Young students building a robot

How STEM learning invigorates classrooms


A Q&A with Project Lead the Way's CEO, Vince Bertram, about the importance of STEM learning

eSchool News (eSN) recently spoke with Vince Bertram, the chief executive officer of Project Lead The Way (PLTW)—an organization that has been bringing real-world and hands-on STEM learning into the classroom for 22 years—about the importance of STEM education. PLTW creates an engaging, hands-on classroom environment and empowers students to develop the in-demand knowledge and skills they need to thrive. The organization also provides teachers with the training, resources, and support they need to engage students in real-world learning.

A look at how STEM learning invigorates classrooms

eSN: How do you look at STEM ed?

PLTW: I think schools look at STEM ed as discrete subjects, but we think of it as a foundation to our economy and how STEM connects to every industry. From a student perspective, it’s not just learning math for the sake of it but understanding the relevance of math and science in an applied way. Hands-on activities that connect with real-world examples make it relevant. We can give lots of examples to the “When will I use this again” question.

We want to help students develop transferrable high-demand skills: to communicate, collaborate, think creatively, and have ethical reasoning skills. Those are learned skills, and that’s where we’re focused.

Related: 11 educators share how they bring coding into the classroom

STEM isn’t just for kids going into STEM careers; STEM skills can be applied across the curriculum. Think about the arts. The arts are made possible because of STEM. We make paintbrushes and paint and canvas; we use technology, math, science, and engineering to create sculptures. Performing arts includes set design, costume design, and acoustical panels, and STEM is part of how we create all this. We need everyone to see all those connections and for students to have a much broader understanding.

eSN: What about computer science? What role does that play?

PLTW: Only 35 percent of computer science majors work in the tech industry, which mean that 65 percent work for all other industries. With a CS degree you can work in virtually any industry. Even if you go into visual arts, you have to understand the composition of paints and metallics, which is science.

Part of our challenge is the professional development of teachers. We have to help them understand how it connects.

eSN: How can we help teachers better understand the connection?

PLTW: Teacher training is more than a transfer of knowledge; it’s a fundamental change in how teachers deliver classroom instruction. For years, we taught teachers to be performers, to share information, to be the center of knowledge. PLTW does the opposite—we make the learner take responsibility for their learning.

We tell teachers: ‘You’ll know you’re making progress when students ask questions that you don’t know the answer to. That’s how new knowledge is created.’
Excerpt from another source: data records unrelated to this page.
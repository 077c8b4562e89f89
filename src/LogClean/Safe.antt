-- ===== src/LogClean/Safe.antt =====
-- What `plan` (src/queuer/logclean.py) may select.
use mathlib.Core.List.{Mem, mem-cons_of_mem, mem-cons_self}
use custom_queuer.Prelude.{
  All, All-select, Bool-cases, List, Option, [], false, inl, inr, none, refl, select, some, true, ℕ,
  ℤ, ◌∷◌, ◌≡◌, ◌⊎◌,
}
use custom_queuer.Tables.{Db, Job, is_terminal}
use custom_queuer.LogClean.{
  Candidate, Counted, LogFile, add_candidate, add_counted, candidates, count_file, count_parsed,
  counted_files, deletable_files, deletable_since, insert_candidate, is_old, job_of, leb_candidate,
  plan, select_by_size, sort_candidates,
}

-- A job that is gone, or that has ended.
abbrev HasEnded : Option Job → Type 0
HasEnded none = Unit
HasEnded (some j) = is_terminal j.status ≡ true

-- The candidate is a listed `<job id>.log` whose job is gone or has ended.
pub record MayGo (db : Db) (files : List LogFile) (c : Candidate) : Type 0 where
  pub file : LogFile
  pub job_id : ℤ
  pub listed : Mem file files
  pub same_path : file.path ≡ c.path
  pub is_job_log : file.stem ≡ some job_id
  pub job_ended : HasEnded (job_of db job_id)

All-insert_candidate :
    (P : Candidate → Type 0) (a : Candidate) (bs : List Candidate)
    → P a
    → All P bs
    → All P (insert_candidate a bs)
unfolding insert_candidate
All-insert_candidate P a [] h hs = (h, tt)
All-insert_candidate P a (b ∷ bs) h hs = elim (Bool-cases (leb_candidate a b)) [
  | inl t ↦ rw t (h, hs)
  | inr f ↦ rw f (hs.0, All-insert_candidate P a bs h hs.1)
]

pub All-sort_candidates :
    (P : Candidate → Type 0) (cs : List Candidate) → All P cs → All P (sort_candidates cs)
unfolding sort_candidates
All-sort_candidates P [] h = tt
All-sort_candidates P (c ∷ cs) h =
    All-insert_candidate P c (sort_candidates cs) h.0 (All-sort_candidates P cs h.1)

module _ (db : Db) (files : List LogFile) where
  by_file :
      (f : LogFile) (o : Option ℤ) (st : Option (ℕ × ℕ)) (rest : List Counted)
      → Mem f files
      → f.stem ≡ o
      → All (MayGo db files) (candidates rest)
      → All (MayGo db files) (candidates (add_counted (count_parsed db f.path o st) rest))
  unfolding candidates
  by_file f none st rest here stem h = h
  by_file f (some n) none rest here stem h = h
  by_file f (some n) (some (size, mtime)) rest here stem h = by_job (job_of db n) refl
    where
      by_job :
          (o : Option Job)
          → job_of db n ≡ o
          → All (MayGo db files) (
              add_candidate
                (record { path = f.path; size = size; age = deletable_since o mtime })
                (deletable_since o mtime)
                (candidates rest))
      by_job none e = (
        record {
          file = f;
          job_id = n;
          listed = here;
          same_path = refl;
          is_job_log = stem;
          job_ended = rw e tt;
        },
        h,
      )
      by_job (some j) e = by_end (Bool-cases (is_terminal j.status))
        where
          by_end :
              (is_terminal j.status ≡ true) ⊎ (is_terminal j.status ≡ false)
              → All (MayGo db files) (
                  add_candidate
                    (record { path = f.path; size = size; age = deletable_since (some j) mtime })
                    (deletable_since (some j) mtime)
                    (candidates rest))
          by_end (inr active) = rw active h
          by_end (inl ended) = rw ended (by_time j.outcome.finished_at)
            where
              by_time :
                  (o : Option ℕ)
                  → All (MayGo db files) (
                      add_candidate
                        (record { path = f.path; size = size; age = o })
                        o
                        (candidates rest))
              by_time none = h
              by_time (some ts) = (
                record {
                  file = f;
                  job_id = n;
                  listed = here;
                  same_path = refl;
                  is_job_log = stem;
                  job_ended = rw e ended;
                },
                h,
              )

  candidates-MayGo :
      (fs : List LogFile)
      → ((f : LogFile) → Mem f fs → Mem f files)
      → All (MayGo db files) (candidates (counted_files db fs))
  unfolding counted_files count_file candidates
  candidates-MayGo [] sub = tt
  candidates-MayGo (f ∷ fs) sub =
      by_file f f.stem f.stat (counted_files db fs) (sub f (mem-cons_self)) refl
        (candidates-MayGo fs (λ g m. sub g (mem-cons_of_mem f m)))

  -- Only the log of a job that is gone or has ended is ever selected.
  pub plan-MayGo :
      (max_age max_bytes : Option ℕ) (now : ℕ)
      → All (MayGo db files) (plan db files max_age max_bytes now)
  unfolding plan deletable_files
  plan-MayGo max_age max_bytes now = by_size max_bytes
    where
      deletable : All (MayGo db files) (deletable_files db files)
      deletable = All-sort_candidates _ _ (candidates-MayGo files (λ f m. m))

      by_size :
          (o : Option ℕ)
          → All (MayGo db files) (
              select_by_size o
                (counted_files db files)
                (deletable_files db files)
                (select (is_old now max_age) (deletable_files db files)))
      by_size none = All-select (MayGo db files) _ _ deletable
      by_size (some max_bytes) = All-select (MayGo db files) _ _ deletable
If you don’t know the answer, tell your students and say, ‘Let’s figure it out.’ Companies spend billions of dollars in R&D because they are trying to answer questions and find new ways of doing things. It’s the same with research universities. Let’s create those kinds of labs in America’s classrooms and nurture curiosity so students think deeply—give students room to explore, be curious, and try to answer questions.

As Amaira Canas Padilla, one of our PLTW teachers in the Klein Independent School District (ISD) in Texas, so aptly put it: ‘Teaching PLTW was more of using the right opportunity to give of the right question than giving of right answers. It was more of teaching how to find the answers and become independent and lifelong learners rather than just teaching a direct concept.’

eSN: What if a teacher wants to do some of this work but is in a district that doesn’t offer it?

PLTW: If funding is a problem, we provide a lot of grant opportunities. I encourage districts to start by rethinking teacher PD. It should be about the skills you want to help teachers develop and the knowledge you want them to have—not just the curriculum. The #1 thing I’d focus on: How do we make all classes relevant to our students?

eSN: Can you share examples of standout districts within the PLTW network for our readers?

PLTW: Absolutely. There are lots of districts doing great work. We recently announced our 2019 educational leader and teacher of the year recipients and maintain an ongoing list of distinguished schools and districts. A few additional districts that immediately come to mind: Barren County School District in Kentucky, which is doing terrific work around career pathways and expanding career learning; Orange County Public Schools in Florida, which partnered with Lockheed Martin to expand its STEM offerings; and Klein ISD, which continues to partner with Chevron to provide comprehensive K-12 curricular pathways in STEM learning.

In fact, Klein ISD was recently selected to host a district-wide showcase to demonstrate its successful implementation of PLTW programs and the strong STEM culture it’s fostered. Klein ISD’s director of career & technical education, Deborah Bronner-Westerduin, has seen firsthand how establishing a STEM foundation and pathway has encouraged continued STEM learning: ‘In Klein ISD, we believe that every student enters with a promise and exits with a purpose. For the last three years, Klein ISD has offered the PLTW Gateway for eighth-grade students. We are now seeing a significant rise in engineering course enrollment at all five of our high schools. I believe this is can be attributed to the project-based experience students are receiving at the intermediate level.’